Where do true, false and nil obtain their hash value? They inherit
#hash from Object, so it is their identityHash, but I noticed this is consistent between images -- how? It's great, but is there any danger of that value ever changing? That would be bad.. |
On 09.05.2012, at 21:28, Chris Muller wrote:
> Where do true, false and nil obtain their hash value? They inherit > #hash from Object, so it is their identityHash, but I noticed this is > consistent between images -- how? It's great, but is there any danger > of that value ever changing? That would be bad.. The identity hash bits are stored in each object's header. And since true, false, nil are the same decades old instances, their hash did not change. Depending on what the SystemTracer does, it may be different in an image derived by that though. E.g. you may want to check a 64 bit image. - Bert - |
>> Where do true, false and nil obtain their hash value? They inherit
>> #hash from Object, so it is their identityHash, but I noticed this is >> consistent between images -- how? It's great, but is there any danger >> of that value ever changing? That would be bad.. > > > The identity hash bits are stored in each object's header. And since true, false, nil are the same decades old instances, their hash did not change. > > Depending on what the SystemTracer does, it may be different in an image derived by that though. E.g. you may want to check a 64 bit image. So, just in thinking about it -- that is a VERY distant dependency that could manifest as a bug way up in at an app-level in production. Because no SUnit test would be able to catch it, and when trying to debug it in production, invariably someone with the "classic" hashes not be able to reproduce the problem.. Hopefully it would only be a "lookup" problem but what if it was in the context of an #at:ifAbsentPut:? What a nightmare! So, it would seem a good idea to override #hash to return their current value as a fixed constant. Thoughts? |
On 09.05.2012, at 22:19, Chris Muller wrote: >>> Where do true, false and nil obtain their hash value? They inherit >>> #hash from Object, so it is their identityHash, but I noticed this is >>> consistent between images -- how? It's great, but is there any danger >>> of that value ever changing? That would be bad.. >> >> >> The identity hash bits are stored in each object's header. And since true, false, nil are the same decades old instances, their hash did not change. >> >> Depending on what the SystemTracer does, it may be different in an image derived by that though. E.g. you may want to check a 64 bit image. > > So, just in thinking about it -- that is a VERY distant dependency > that could manifest as a bug way up in at an app-level in production. > Because no SUnit test would be able to catch it, and when trying to > debug it in production, invariably someone with the "classic" hashes > not be able to reproduce the problem.. Hopefully it would only be a > "lookup" problem but what if it was in the context of an > #at:ifAbsentPut:? What a nightmare! > > So, it would seem a good idea to override #hash to return their > current value as a fixed constant. > > Thoughts? -1 Why would you depend on the exact value of the identity hash? When writing a new image and the identity hash changed, then obviously all dictionaries would have to be rehashed. Seems like a non-issue to me. Besides, YAGNI. If and when you need that you could still add these methods. Though you wont ;^) - Bert - |
> Why would you depend on the exact value of the identity hash?

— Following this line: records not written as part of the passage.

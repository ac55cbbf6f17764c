-- ===== src/Shell/Cells.antt =====
-- kernel/shell.h: which cells the loops of the console leave alone.
use samos.Base.{
  ℕ, zero, suc, ◌+◌, ◌*◌, ◌<◌, ◌≤◌, ◌≡◌, inr, refl, ◌∙◌, arith, List, Memory, store8, get_or,
}
use samos.Fb.{SamFb, Vram, fill_line, dot}
use samos.Fb.Fill.{fill_line-outside, rows_apart}
use samos.Shell.{copy_line, move_rows, clear_rows, sh_glyph_row, sh_glyph_rows}

-- `p` is a cell that the copy does not reach.
pub copy_line-outside :
    (v : Memory) (dst src x n p : ℕ) → dst + x + n ≤ p → copy_line v dst src x n p ≡ v p
unfolding copy_line
copy_line-outside v dst src x zero p h = refl
copy_line-outside v dst src x (suc n) p h =
    copy_line-outside (store8 v (dst + x) (v (src + x))) dst src (x + 1) n p (omega arith)
    ∙ ground arith

-- The end of row `y`, where `total` rows end before `p`.
pub row_ends :
    (y total stride width p : ℕ)
    → y < total
    → width ≤ stride
    → total * stride ≤ p
    → y * stride + width ≤ p
row_ends y total stride width p h w e = omega (arith, rows_apart y total stride h)

module _ (stride width total p : ℕ) (w : width ≤ stride) (e : total * stride ≤ p) where
  pub move_rows-outside :
      (v : Memory) (down y n : ℕ) → y + n ≤ total → move_rows v stride down width y n p ≡ v p
  unfolding move_rows
  move_rows-outside v down y zero h = refl
  move_rows-outside v down y (suc n) h =
      let r = row_ends y total stride width p (omega arith) w e in
      move_rows-outside (copy_line v (y * stride) ((y + down) * stride) 0 width) down (y + 1) n
        (omega arith)
      ∙ copy_line-outside v (y * stride) ((y + down) * stride) 0 width p (omega arith)

  pub clear_rows-outside :
      (v : Memory) (c y n : ℕ) → y + n ≤ total → clear_rows v stride width c y n p ≡ v p
  unfolding clear_rows
  clear_rows-outside v c y zero h = refl
  clear_rows-outside v c y (suc n) h =
      let r = row_ends y total stride width p (omega arith) w e in
      clear_rows-outside (fill_line v (y * stride) c 0 width) c (y + 1) n (omega arith)
      ∙ fill_line-outside v (y * stride) c 0 width p (inr (omega arith))

module _ (fb : SamFb) where
  pub sh_glyph_row-outside :
      (v : Vram) (line fg bits col n p : ℕ)
      → line + col + n ≤ p
      → sh_glyph_row fb v line fg bits col n p ≡ v p
  unfolding sh_glyph_row
  sh_glyph_row-outside v line fg bits col zero p h = refl
  sh_glyph_row-outside v line fg bits col (suc n) p h =
      sh_glyph_row-outside (store8 v (line + col) (dot fb fg 0x00000000 bits col)) line fg bits
        (col + 1) n p (omega arith)
      ∙ ground arith

  pub sh_glyph_rows-outside :
      (v : Vram) (pitch px py fg : ℕ) (glyph : List ℕ) (row n total p : ℕ)
      → py + row + n ≤ total
      → px + 8 ≤ pitch
      → total * pitch ≤ p
      → sh_glyph_rows fb v pitch px py fg glyph row n p ≡ v p
  unfolding sh_glyph_rows
  sh_glyph_rows-outside v pitch px py fg glyph row zero total p h w e = refl
  sh_glyph_rows-outside v pitch px py fg glyph row (suc n) total p h w e =
      let r = row_ends (py + row) total pitch (px + 8) p (omega arith) w e in
      sh_glyph_rows-outside
        (sh_glyph_row fb v ((py + row) * pitch + px) fg (get_or glyph row 0) 0 8) pitch px py fg
        glyph (row + 1) n total p (omega arith) w e
      ∙ sh_glyph_row-outside v ((py + row) * pitch + px) fg (get_or glyph row 0) 0 8 p (omega arith)
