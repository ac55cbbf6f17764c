-- ===== src/Shell/Console.antt =====
-- kernel/shell.h: the console writes inside the screen. The 25 rows of 80 characters are 2000 cells
-- of the text screen, and the first 400 rows of pixels of the framebuffer.
use samos.Base.{
  ℕ, zero, suc, ◌+◌, ◌*◌, ◌-◌, ◌<◌, ◌≤◌, ◌≡◌, inr, ◌∙◌, arith, true, false, if-cases, if◌then◌else◌,
  leb, ◌==◌, List, [], ◌∷◌, Memory, store8, bit_and, bit_or, ◌>>>◌,
}
use samos.Serial.{codes, hex_digit}
use samos.Fb.{SamFb, Vram, glyph_of, fb_fill_rect, dec_text}
use samos.Fb.Fill.{IsScreen, fill_line-outside, fb_fill_rect-below}
use samos.Shell.Cells.{move_rows-outside, clear_rows-outside, sh_glyph_rows-outside}
use samos.Shell.{
  Screen, move_rows, sh_glyph_rows, sh_vga_to_rgb, blank, sh_fb_scroll, vga_scroll, new_line,
  step_col, sh_fb_putchar, sh_putchar, sh_puts, sh_hex_loop, sh_puthex, sh_putdec, sh_clear,
  sh_cursor_on, sh_cursor_off, sh_redraw_cmd, sh_prompt, sh_cols, sh_rows, sh_white, sh_green,
  sh_cyan,
}

-- The text screen is shown, or a framebuffer of at least 640 by 400 pixels.
pub data HasConsole (fb : SamFb) : Type 0 where
  text_mode : fb.ready ≡ false → HasConsole fb
  pixel_mode : IsScreen fb → 640 ≤ fb.width → 400 ≤ fb.height → HasConsole fb

-- What a framebuffer of that size has: rows of 640 pixels, and 400 of them.
abbrev IsWide : SamFb → Type 0
IsWide fb = (640 ≤ fb.pitch_px) × (400 * fb.pitch_px ≤ fb.height * fb.pitch_px)

screen-IsWide : (fb : SamFb) → fb.width ≤ fb.pitch_px → 640 ≤ fb.width → 400 ≤ fb.height → IsWide fb
screen-IsWide fb r w h = (omega arith, grind arith)

-- The cursor is on the screen, and outside the screen the cells and the pixels are `v0` and `w0`.
pub record IsKept (fb : SamFb) (v0 : Memory) (w0 : Vram) (s : Screen) : Type 0 where
  pub row_fits : s.row < sh_rows
  pub col_fits : s.col < sh_cols
  pub vga_kept : (p : ℕ) → 2000 ≤ p → s.vga p ≡ v0 p
  pub vram_kept : (p : ℕ) → fb.height * fb.pitch_px ≤ p → s.vram p ≡ w0 p

module _ (fb : SamFb) (console : HasConsole fb) (v0 : Memory) (w0 : Vram) where
  -- A branch that only the framebuffer takes may rely on its size.
  if_ready :
      {A : Type 0} (P : A → Type 0) {x y : A}
      → (IsWide fb → P x)
      → P y
      → P (if fb.ready then x else y)
  if_ready P f g = elim console [
    | text_mode e ↦ rw e g
    | pixel_mode s w h ↦ rw (IsScreen.is_ready s) (f (screen-IsWide fb s.row_fits w h))
  ]

  store8-kept :
      (v : Memory) (r c x : ℕ)
      → r < sh_rows
      → c < sh_cols
      → ((p : ℕ) → 2000 ≤ p → v p ≡ v0 p)
      → (p : ℕ) → 2000 ≤ p
      → store8 v (r * sh_cols + c) x p ≡ v0 p
  store8-kept v r c x hr hc k p h = let e = k p h in ground arith

  scrolled :
      (v : Memory) (p : ℕ) → ((p : ℕ) → 2000 ≤ p → v p ≡ v0 p) → 2000 ≤ p → vga_scroll fb v p ≡ v0 p
  unfolding vga_scroll
  scrolled v p k h =
      clear_rows-outside sh_cols sh_cols 25 p (omega arith) (omega arith)
        (move_rows v sh_cols 1 sh_cols 0 (sh_rows - 1)) blank (sh_rows - 1) 1 (omega arith)
      ∙ (move_rows-outside sh_cols sh_cols 25 p (omega arith) (omega arith) v 1 0 (sh_rows - 1)
            (omega arith)
          ∙ k p h)

  fb_scrolled :
      (v : Vram) (p : ℕ)
      → ((p : ℕ) → fb.height * fb.pitch_px ≤ p → v p ≡ w0 p)
      → fb.height * fb.pitch_px ≤ p
      → IsWide fb
      → sh_fb_scroll fb v p ≡ w0 p
  unfolding sh_fb_scroll
  fb_scrolled v p k h wide =
      clear_rows-outside fb.pitch_px (sh_cols * 8) 400 p (omega arith) (omega arith)
        (move_rows v fb.pitch_px 16 (sh_cols * 8) 0 (sh_rows * 16 - 16)) 0x00000000
        (sh_rows * 16 - 16) 16 (omega arith)
      ∙ (move_rows-outside fb.pitch_px (sh_cols * 8) 400 p (omega arith) (omega arith) v 16 0
            (sh_rows * 16 - 16) (omega arith)
          ∙ k p h)

  pub new_line-IsKept : (s : Screen) → IsKept fb v0 w0 s → IsKept fb v0 w0 (new_line fb s)
  unfolding new_line
  new_line-IsKept s k =
      if-cases (λ t. IsKept fb v0 w0 t) (leb sh_rows (s.row + 1))
        (λ h. record {
          row_fits = omega arith;
          col_fits = omega arith;
          vga_kept = λ p hp.
              if_ready (λ (m : Memory). m p ≡ v0 p) (λ wide. k.vga_kept p hp)
                (scrolled s.vga p k.vga_kept hp);
          vram_kept = λ p hp.
              if_ready (λ (m : Vram). m p ≡ w0 p) (fb_scrolled s.vram p k.vram_kept hp)
                (k.vram_kept p hp);
        })
        (λ h. record {
          row_fits = ground arith;
          col_fits = omega arith;
          vga_kept = k.vga_kept;
          vram_kept = k.vram_kept;
        })

  step_col-IsKept : (s : Screen) → IsKept fb v0 w0 s → IsKept fb v0 w0 (step_col fb s)
  unfolding step_col
  step_col-IsKept s k =
      if-cases (λ t. IsKept fb v0 w0 t) (leb sh_cols (s.col + 1)) (λ h. new_line-IsKept s k)
        (λ h. record {
          row_fits = k.row_fits;
          col_fits = ground arith;
          vga_kept = k.vga_kept;
          vram_kept = k.vram_kept;
        })

  -- A glyph drawn at the cursor.
  glyph-IsKept :
      (s : Screen) (fg : ℕ) (glyph : List ℕ)
      → IsKept fb v0 w0 s
      → IsWide fb
      → IsKept fb v0 w0 (record s {
        vram = sh_glyph_rows fb s.vram fb.pitch_px (s.col * 8) (s.row * 16) fg glyph 0 16;
      })
  glyph-IsKept s fg glyph k wide = record {
    row_fits = k.row_fits;
    col_fits = k.col_fits;
    vga_kept = k.vga_kept;
    vram_kept = λ p hp.
        let r = k.row_fits in
        let c = k.col_fits in
        sh_glyph_rows-outside fb s.vram fb.pitch_px (s.col * 8) (s.row * 16) fg glyph 0 16 400 p
          (omega arith) (omega arith) (omega arith)
        ∙ k.vram_kept p hp;
  }

  sh_fb_putchar-IsKept :
      (s : Screen) (c attr : ℕ)
      → IsKept fb v0 w0 s
      → IsWide fb
      → IsKept fb v0 w0 (sh_fb_putchar fb s c attr)
  unfolding sh_fb_putchar
  sh_fb_putchar-IsKept s c attr k wide =
      if-cases (λ t. IsKept fb v0 w0 t) (c == b'\n') (λ h. new_line-IsKept s k)
        (λ h. step_col-IsKept _ (glyph-IsKept s (sh_vga_to_rgb attr) (glyph_of fb c) k wide))

  -- A cell of the cursor's row is written.
  pub cell-IsKept :
      (s : Screen) (col x : ℕ)
      → IsKept fb v0 w0 s
      → col < sh_cols
      → IsKept fb v0 w0 (record s { col = col; vga = store8 s.vga (s.row * sh_cols + col) x })
  cell-IsKept s col x k h = record {
    row_fits = k.row_fits;
    col_fits = h;
    vga_kept = store8-kept s.vga s.row col x k.row_fits h k.vga_kept;
    vram_kept = k.vram_kept;
  }

  pub sh_putchar-IsKept :
      (s : Screen) (c attr : ℕ) → IsKept fb v0 w0 s → IsKept fb v0 w0 (sh_putchar fb s c attr)
  unfolding sh_putchar
  sh_putchar-IsKept s c attr k =
      if_ready (λ t. IsKept fb v0 w0 t) (sh_fb_putchar-IsKept s c attr k)
        (if-cases (λ t. IsKept fb v0 w0 t) (c == b'\n') (λ h. new_line-IsKept s k)
          (λ h. step_col-IsKept _ (cell-IsKept s s.col (bit_or attr c) k k.col_fits)))

  pub sh_puts-IsKept :
      (s : Screen) (text : List ℕ) (attr : ℕ)
      → IsKept fb v0 w0 s
      → IsKept fb v0 w0 (sh_puts fb s text attr)
  unfolding sh_puts
  sh_puts-IsKept s [] attr k = k
  sh_puts-IsKept s (c ∷ cs) attr k =
      sh_puts-IsKept (sh_putchar fb s c attr) cs attr (sh_putchar-IsKept s c attr k)

  sh_hex_loop-IsKept :
      (n : ℕ) (s : Screen) (v attr : ℕ)
      → IsKept fb v0 w0 s
      → IsKept fb v0 w0 (sh_hex_loop fb n s v attr)
  unfolding sh_hex_loop
  sh_hex_loop-IsKept zero s v attr k = k
  sh_hex_loop-IsKept (suc n) s v attr k =
      sh_hex_loop-IsKept n (sh_putchar fb s (hex_digit (bit_and (v >>> (4 * n)) 0xF)) attr) v attr
        (sh_putchar-IsKept s (hex_digit (bit_and (v >>> (4 * n)) 0xF)) attr k)

  pub sh_puthex-IsKept :
      (s : Screen) (v attr : ℕ) → IsKept fb v0 w0 s → IsKept fb v0 w0 (sh_puthex fb s v attr)
  unfolding sh_puthex
  sh_puthex-IsKept s v attr k =
      sh_hex_loop-IsKept 16 (sh_puts fb s (codes "0x") attr) v attr
        (sh_puts-IsKept s (codes "0x") attr k)

  pub sh_putdec-IsKept :
      (s : Screen) (v attr : ℕ) → IsKept fb v0 w0 s → IsKept fb v0 w0 (sh_putdec fb s v attr)
  unfolding sh_putdec
  sh_putdec-IsKept s v attr k = sh_puts-IsKept s (dec_text v) attr k

  pub sh_prompt-IsKept : (s : Screen) → IsKept fb v0 w0 s → IsKept fb v0 w0 (sh_prompt fb s)
  unfolding sh_prompt
  sh_prompt-IsKept s k =
      sh_puts-IsKept _ (codes "> ") sh_cyan (sh_puts-IsKept s (codes "\nSAM") sh_green k)

  -- A rectangle of the framebuffer inside the screen is filled, and the cursor moves to (row, col).
  pub rect-IsKept :
      (s : Screen) (row col x y w h colour : ℕ)
      → IsKept fb v0 w0 s
      → fb.ready ≡ true
      → row < sh_rows
      → col < sh_cols
      → x + w ≤ 640
      → y + h ≤ 400
      → IsKept fb v0 w0
          (record s { row = row; col = col; vram = fb_fill_rect fb s.vram x y w h colour })
  rect-IsKept s row col x y w h colour k e hr hc hx hy = elim console [
    | text_mode off ↦ cc
    | pixel_mode scr wide high ↦ record {
      row_fits = hr;
      col_fits = hc;
      vga_kept = k.vga_kept;
      vram_kept = λ p hp.
          fb_fill_rect-below fb scr s.vram x y w h colour fb.height p (omega arith) (omega arith)
            (omega arith) (omega arith) hp
          ∙ k.vram_kept p hp;
    }
  ]

  -- Both modes, for a branch that relies on the mode.
  by_mode :
      {A : Type 0} (P : A → Type 0) {x y : A}
      → (fb.ready ≡ true → P x)
      → P y
      → P (if fb.ready then x else y)
  by_mode P f g = if-cases P fb.ready f (λ e. g)

  pub sh_clear-IsKept : (s : Screen) → IsKept fb v0 w0 s → IsKept fb v0 w0 (sh_clear fb s)
  unfolding sh_clear
  sh_clear-IsKept s k =
      by_mode (λ t. IsKept fb v0 w0 t)
        (λ e.
          rect-IsKept s 0 0 0 0 (sh_cols * 8) (sh_rows * 16) 0x00000000 k e (omega arith)
            (omega arith) (omega arith) (omega arith))
        (record {
          row_fits = omega arith;
          col_fits = omega arith;
          vga_kept = λ p hp.
              fill_line-outside s.vga 0 blank 0 (sh_cols * sh_rows) p (inr (omega arith))
              ∙ k.vga_kept p hp;
          vram_kept = k.vram_kept;
        })

  pub sh_cursor_on-IsKept : (s : Screen) → IsKept fb v0 w0 s → IsKept fb v0 w0 (sh_cursor_on fb s)
  unfolding sh_cursor_on
  sh_cursor_on-IsKept s k =
      by_mode (λ t. IsKept fb v0 w0 t) (λ e. k) (cell-IsKept s s.col _ k k.col_fits)

  pub sh_cursor_off-IsKept : (s : Screen) → IsKept fb v0 w0 s → IsKept fb v0 w0 (sh_cursor_off fb s)
  unfolding sh_cursor_off
  sh_cursor_off-IsKept s k =
      by_mode (λ t. IsKept fb v0 w0 t) (λ e. k) (cell-IsKept s s.col _ k k.col_fits)

  pub sh_redraw_cmd-IsKept :
      (s : Screen) (cmd : List ℕ) → IsKept fb v0 w0 s → IsKept fb v0 w0 (sh_redraw_cmd fb s cmd)
  unfolding sh_redraw_cmd
  sh_redraw_cmd-IsKept s cmd k = sh_puts-IsKept _ cmd sh_white (record {
    row_fits = k.row_fits;
    col_fits = k.col_fits;
    vga_kept = λ p hp.
        let r = k.row_fits in
        let c = k.col_fits in
        fill_line-outside s.vga (s.row * sh_cols) blank s.col (sh_cols - s.col) p
          (inr (omega arith))
        ∙ k.vga_kept p hp;
    vram_kept = k.vram_kept;
  })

Not the value of the identityHash, the value of the hash. > When writing a new image and the identity hash changed, then obviously all dictionaries would have to be rehashed. Seems like a non-issue to me. That's the exact problem I want to avoid. Think in the context of a multiuser client-server app accessing the same large persistent domain model. The domain model includes a complex domain object used as a key in a dictionary, and one of the attributes used to determine its hash is one of its boolean attributes. Now, some of the clients suddenly happen to get a new #identityHash for true, which in turn changes its #hash. Now they cannot access the domain's whose hash depends on true or false. Worse, they might #at:put: into it and then the model is "corrupted" because there is no universally-consistent notion of true's hash across all client images. You're right, I could add my own private extensions, but we should consider having "universal" atomics given the the aforementioned insidiousness of the above situation..? |
On Wed, May 9, 2012 at 1:46 PM, Chris Muller <[hidden email]> wrote: > Why would you depend on the exact value of the identity hash? How so? Given that within an image the hash and dictionaries hashed there-on are consistent how does it matter if two different images have different hashes and different hash values? How do these clients suddenly acquire new hashes for nil, true and false? Smalltalk systems have been like this for many decades and have not found this to be a significant problem in practice. There ca be performance advantages with consistent hashes (e.g. of symbols, avoiding having to rehash method dictionaries on code load). But no fundamental problem.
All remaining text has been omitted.